Give back, unchanged, the lines from the one containing "if is_empty (missing_columns" to the end of the listing, inclusive of both.

== Segment start ==

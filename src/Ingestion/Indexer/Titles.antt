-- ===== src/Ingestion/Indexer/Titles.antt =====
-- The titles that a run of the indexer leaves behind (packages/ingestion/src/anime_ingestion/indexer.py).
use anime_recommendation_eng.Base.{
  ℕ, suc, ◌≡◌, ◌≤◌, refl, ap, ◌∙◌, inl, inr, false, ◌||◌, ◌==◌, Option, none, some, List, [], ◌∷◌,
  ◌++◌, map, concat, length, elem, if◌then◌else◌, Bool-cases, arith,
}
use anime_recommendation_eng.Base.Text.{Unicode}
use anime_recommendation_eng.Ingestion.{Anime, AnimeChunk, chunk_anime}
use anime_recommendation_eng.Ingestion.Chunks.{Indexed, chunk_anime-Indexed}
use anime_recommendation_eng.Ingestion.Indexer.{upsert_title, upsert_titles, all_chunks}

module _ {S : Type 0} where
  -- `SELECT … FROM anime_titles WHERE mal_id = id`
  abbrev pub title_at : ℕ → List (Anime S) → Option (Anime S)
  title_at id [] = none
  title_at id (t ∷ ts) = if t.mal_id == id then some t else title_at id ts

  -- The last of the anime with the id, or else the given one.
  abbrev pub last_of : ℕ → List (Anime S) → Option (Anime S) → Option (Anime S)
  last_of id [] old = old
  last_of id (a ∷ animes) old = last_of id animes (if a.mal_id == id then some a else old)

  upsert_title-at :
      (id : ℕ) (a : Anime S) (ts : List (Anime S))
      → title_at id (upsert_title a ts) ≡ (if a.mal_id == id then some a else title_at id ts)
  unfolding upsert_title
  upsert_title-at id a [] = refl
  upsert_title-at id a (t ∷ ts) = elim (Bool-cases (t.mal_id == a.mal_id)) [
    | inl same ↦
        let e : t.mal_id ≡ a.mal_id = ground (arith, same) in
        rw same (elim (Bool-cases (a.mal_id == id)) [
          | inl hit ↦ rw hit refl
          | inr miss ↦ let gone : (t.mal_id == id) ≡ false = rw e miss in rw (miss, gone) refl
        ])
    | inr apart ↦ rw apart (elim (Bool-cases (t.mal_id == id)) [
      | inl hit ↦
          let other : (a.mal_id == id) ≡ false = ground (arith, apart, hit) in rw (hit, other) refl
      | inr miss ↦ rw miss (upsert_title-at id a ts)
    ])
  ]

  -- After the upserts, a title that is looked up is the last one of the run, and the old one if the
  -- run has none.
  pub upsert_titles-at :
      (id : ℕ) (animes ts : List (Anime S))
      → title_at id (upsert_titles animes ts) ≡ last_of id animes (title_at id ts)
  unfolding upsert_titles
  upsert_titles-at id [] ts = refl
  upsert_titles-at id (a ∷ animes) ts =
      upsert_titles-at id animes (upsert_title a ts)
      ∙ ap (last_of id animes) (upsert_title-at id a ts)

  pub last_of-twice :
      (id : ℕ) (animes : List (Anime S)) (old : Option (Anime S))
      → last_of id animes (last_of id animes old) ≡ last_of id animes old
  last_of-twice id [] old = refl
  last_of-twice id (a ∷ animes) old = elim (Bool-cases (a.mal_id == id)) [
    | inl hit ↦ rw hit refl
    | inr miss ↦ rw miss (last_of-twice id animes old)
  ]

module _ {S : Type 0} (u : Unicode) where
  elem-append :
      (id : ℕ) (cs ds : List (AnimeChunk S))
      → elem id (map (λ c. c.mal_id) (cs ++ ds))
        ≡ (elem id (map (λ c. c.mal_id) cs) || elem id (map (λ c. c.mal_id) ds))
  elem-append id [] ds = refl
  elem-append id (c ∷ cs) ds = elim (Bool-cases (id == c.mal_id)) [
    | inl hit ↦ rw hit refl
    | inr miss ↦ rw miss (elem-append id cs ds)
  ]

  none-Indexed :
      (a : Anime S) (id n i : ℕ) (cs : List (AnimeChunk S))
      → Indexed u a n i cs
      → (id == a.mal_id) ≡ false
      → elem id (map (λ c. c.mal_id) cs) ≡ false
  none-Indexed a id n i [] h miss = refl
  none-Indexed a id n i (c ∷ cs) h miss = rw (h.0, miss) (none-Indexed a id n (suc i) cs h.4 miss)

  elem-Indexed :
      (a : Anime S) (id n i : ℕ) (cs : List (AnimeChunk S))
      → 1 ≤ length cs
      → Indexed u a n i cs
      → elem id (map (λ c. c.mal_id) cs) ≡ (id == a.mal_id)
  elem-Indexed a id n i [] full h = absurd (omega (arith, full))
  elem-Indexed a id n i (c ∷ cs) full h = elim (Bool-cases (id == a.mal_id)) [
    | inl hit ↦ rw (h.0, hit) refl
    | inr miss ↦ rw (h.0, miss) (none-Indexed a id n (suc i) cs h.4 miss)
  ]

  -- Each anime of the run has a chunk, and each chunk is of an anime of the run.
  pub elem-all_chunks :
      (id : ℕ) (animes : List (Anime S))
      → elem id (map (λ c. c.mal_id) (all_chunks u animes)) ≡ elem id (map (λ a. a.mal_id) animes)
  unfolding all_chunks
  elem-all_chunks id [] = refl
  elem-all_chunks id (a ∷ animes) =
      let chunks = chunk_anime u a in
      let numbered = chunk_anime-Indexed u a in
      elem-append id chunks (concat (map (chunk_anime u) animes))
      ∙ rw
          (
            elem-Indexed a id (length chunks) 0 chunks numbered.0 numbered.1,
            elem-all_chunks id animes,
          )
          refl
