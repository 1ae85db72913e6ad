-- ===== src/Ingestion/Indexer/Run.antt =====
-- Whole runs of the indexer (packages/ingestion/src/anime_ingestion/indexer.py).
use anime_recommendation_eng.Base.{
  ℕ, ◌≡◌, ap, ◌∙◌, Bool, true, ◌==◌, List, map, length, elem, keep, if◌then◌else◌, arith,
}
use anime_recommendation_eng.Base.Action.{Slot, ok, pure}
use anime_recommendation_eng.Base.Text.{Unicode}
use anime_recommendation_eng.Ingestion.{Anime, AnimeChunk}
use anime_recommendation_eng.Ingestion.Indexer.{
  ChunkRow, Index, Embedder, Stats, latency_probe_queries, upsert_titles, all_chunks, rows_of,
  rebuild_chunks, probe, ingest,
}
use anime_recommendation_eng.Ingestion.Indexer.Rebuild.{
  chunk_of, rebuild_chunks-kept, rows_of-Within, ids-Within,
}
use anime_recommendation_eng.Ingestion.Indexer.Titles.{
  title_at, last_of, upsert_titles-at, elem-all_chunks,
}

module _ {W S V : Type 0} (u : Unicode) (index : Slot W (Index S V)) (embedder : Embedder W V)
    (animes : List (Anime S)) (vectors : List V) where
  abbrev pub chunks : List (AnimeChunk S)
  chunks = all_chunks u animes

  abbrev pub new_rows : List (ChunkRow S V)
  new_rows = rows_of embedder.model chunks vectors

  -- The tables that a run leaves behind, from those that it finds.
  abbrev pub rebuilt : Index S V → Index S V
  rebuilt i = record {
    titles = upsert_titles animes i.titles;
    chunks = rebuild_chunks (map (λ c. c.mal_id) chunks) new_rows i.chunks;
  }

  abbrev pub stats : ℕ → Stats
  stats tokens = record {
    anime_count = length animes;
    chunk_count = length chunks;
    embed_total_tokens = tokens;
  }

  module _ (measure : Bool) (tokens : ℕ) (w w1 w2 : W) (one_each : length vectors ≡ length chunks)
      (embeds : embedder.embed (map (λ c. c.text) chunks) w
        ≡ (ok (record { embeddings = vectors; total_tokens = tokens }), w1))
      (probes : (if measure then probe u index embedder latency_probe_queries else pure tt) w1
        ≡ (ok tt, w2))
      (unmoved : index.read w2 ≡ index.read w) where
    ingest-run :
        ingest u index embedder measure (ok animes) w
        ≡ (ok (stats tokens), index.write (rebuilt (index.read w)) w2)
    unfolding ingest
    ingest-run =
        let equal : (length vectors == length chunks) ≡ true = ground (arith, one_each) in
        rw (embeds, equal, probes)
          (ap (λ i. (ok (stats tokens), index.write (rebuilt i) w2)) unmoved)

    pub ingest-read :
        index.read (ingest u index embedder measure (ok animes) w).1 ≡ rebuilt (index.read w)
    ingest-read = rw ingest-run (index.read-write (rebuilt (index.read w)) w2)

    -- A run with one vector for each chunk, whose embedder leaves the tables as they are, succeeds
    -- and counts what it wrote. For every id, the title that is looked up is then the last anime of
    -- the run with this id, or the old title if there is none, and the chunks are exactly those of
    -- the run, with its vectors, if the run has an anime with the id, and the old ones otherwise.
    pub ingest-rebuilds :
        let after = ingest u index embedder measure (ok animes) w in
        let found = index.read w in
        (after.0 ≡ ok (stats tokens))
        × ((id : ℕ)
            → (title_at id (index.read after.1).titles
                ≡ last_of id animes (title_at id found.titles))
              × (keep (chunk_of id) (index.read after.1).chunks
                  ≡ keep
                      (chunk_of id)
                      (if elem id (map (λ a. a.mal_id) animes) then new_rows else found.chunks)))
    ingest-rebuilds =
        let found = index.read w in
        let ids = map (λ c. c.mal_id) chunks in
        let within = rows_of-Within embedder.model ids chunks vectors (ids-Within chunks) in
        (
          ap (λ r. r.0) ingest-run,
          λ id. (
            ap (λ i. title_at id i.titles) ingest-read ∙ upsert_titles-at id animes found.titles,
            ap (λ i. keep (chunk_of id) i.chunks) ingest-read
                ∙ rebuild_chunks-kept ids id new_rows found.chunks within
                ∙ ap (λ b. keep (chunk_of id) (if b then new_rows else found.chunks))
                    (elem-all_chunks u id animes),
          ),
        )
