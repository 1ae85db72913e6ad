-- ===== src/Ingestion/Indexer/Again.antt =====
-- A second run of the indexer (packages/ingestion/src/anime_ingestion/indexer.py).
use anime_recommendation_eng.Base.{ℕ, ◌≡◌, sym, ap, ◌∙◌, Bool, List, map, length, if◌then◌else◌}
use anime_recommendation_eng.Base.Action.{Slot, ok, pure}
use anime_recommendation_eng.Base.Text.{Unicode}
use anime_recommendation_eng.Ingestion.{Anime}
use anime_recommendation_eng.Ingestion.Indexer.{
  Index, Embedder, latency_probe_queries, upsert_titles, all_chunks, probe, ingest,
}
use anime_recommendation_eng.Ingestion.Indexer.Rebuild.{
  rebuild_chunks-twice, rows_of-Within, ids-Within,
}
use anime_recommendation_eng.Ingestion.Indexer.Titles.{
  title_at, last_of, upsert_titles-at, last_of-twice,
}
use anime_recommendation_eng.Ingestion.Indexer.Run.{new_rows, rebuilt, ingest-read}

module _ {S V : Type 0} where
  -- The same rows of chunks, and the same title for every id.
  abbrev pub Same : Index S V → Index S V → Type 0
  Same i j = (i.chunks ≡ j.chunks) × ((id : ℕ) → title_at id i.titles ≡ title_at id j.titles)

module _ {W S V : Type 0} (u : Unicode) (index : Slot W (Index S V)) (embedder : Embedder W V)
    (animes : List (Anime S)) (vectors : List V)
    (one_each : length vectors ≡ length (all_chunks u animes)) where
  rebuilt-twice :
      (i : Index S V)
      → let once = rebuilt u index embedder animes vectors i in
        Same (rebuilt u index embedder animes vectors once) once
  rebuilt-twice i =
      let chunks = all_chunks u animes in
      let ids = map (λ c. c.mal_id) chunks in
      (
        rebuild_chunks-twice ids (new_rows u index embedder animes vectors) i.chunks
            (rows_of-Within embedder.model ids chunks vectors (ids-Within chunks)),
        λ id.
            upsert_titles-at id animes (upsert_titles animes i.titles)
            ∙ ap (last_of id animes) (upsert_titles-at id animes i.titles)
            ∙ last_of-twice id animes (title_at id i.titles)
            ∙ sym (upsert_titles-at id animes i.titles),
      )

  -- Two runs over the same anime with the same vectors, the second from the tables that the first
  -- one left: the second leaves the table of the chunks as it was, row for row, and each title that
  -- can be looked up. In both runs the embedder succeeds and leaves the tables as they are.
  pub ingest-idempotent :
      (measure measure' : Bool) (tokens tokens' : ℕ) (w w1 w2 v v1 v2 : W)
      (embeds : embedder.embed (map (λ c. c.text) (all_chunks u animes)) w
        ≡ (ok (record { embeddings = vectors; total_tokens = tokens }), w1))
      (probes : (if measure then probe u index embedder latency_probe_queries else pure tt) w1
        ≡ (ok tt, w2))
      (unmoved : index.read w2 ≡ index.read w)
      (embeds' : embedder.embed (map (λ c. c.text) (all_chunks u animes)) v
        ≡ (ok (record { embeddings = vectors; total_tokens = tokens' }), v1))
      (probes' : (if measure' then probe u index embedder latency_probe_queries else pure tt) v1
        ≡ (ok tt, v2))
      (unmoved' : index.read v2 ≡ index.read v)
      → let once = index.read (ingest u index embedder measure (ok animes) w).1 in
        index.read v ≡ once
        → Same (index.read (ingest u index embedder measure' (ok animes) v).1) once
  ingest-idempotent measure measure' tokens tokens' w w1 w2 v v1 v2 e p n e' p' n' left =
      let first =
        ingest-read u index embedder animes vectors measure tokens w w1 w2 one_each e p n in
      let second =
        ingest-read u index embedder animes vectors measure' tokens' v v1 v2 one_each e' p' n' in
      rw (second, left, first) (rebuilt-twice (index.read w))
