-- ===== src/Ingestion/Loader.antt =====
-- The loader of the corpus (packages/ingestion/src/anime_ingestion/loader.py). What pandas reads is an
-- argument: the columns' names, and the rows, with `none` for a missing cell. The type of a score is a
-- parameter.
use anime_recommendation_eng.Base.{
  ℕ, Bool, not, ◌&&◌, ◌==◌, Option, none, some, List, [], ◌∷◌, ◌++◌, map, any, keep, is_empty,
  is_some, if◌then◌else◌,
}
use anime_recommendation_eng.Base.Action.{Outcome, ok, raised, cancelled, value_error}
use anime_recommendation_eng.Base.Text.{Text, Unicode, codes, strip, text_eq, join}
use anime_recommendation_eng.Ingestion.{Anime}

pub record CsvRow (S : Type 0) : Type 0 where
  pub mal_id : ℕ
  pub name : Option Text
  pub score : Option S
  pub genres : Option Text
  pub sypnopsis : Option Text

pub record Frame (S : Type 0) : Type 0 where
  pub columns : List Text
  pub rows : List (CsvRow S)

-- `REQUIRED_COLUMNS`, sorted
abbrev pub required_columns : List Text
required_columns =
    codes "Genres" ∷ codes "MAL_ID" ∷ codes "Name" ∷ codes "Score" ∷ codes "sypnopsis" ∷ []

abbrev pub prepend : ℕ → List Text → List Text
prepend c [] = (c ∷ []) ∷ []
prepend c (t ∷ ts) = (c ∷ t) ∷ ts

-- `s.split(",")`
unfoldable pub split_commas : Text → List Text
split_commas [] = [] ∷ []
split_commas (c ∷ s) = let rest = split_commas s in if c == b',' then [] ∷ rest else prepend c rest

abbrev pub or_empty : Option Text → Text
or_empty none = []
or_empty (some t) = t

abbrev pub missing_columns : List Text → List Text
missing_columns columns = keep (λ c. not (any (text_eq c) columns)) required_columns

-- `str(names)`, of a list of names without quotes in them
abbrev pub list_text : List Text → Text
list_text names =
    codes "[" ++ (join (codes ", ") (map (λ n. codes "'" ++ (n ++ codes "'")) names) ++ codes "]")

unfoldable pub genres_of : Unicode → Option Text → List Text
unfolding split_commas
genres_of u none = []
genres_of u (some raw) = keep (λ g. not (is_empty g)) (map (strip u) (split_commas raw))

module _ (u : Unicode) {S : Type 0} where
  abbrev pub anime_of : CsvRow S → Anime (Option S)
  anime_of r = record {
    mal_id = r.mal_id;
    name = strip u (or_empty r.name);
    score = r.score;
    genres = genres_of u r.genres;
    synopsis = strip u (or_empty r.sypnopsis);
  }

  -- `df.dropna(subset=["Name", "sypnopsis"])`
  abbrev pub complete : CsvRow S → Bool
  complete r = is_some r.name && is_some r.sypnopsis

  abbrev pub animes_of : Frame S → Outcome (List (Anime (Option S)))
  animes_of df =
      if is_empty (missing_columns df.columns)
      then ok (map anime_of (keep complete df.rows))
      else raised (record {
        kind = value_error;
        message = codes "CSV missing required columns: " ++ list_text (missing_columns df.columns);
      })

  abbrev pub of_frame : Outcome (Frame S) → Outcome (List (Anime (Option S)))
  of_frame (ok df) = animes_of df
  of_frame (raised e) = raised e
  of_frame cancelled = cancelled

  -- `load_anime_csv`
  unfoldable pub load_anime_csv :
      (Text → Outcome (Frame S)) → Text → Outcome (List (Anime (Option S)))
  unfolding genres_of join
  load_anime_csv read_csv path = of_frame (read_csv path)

== Segment end ==

◆ **Expected output**
      if is_empty (missing_columns df.columns)
      then ok (map anime_of (keep complete df.rows))
      else raised (record {
        kind = value_error;
        message = codes "CSV missing required columns: " ++ list_text (missing_columns df.columns);
      })

  abbrev pub of_frame : Outcome (Frame S) → Outcome (List (Anime (Option S)))
  of_frame (ok df) = animes_of df
  of_frame (raised e) = raised e
  of_frame cancelled = cancelled

  -- `load_anime_csv`
  unfoldable pub load_anime_csv :
      (Text → Outcome (Frame S)) → Text → Outcome (List (Anime (Option S)))
  unfolding genres_of join
  load_anime_csv read_csv path = of_frame (read_csv path)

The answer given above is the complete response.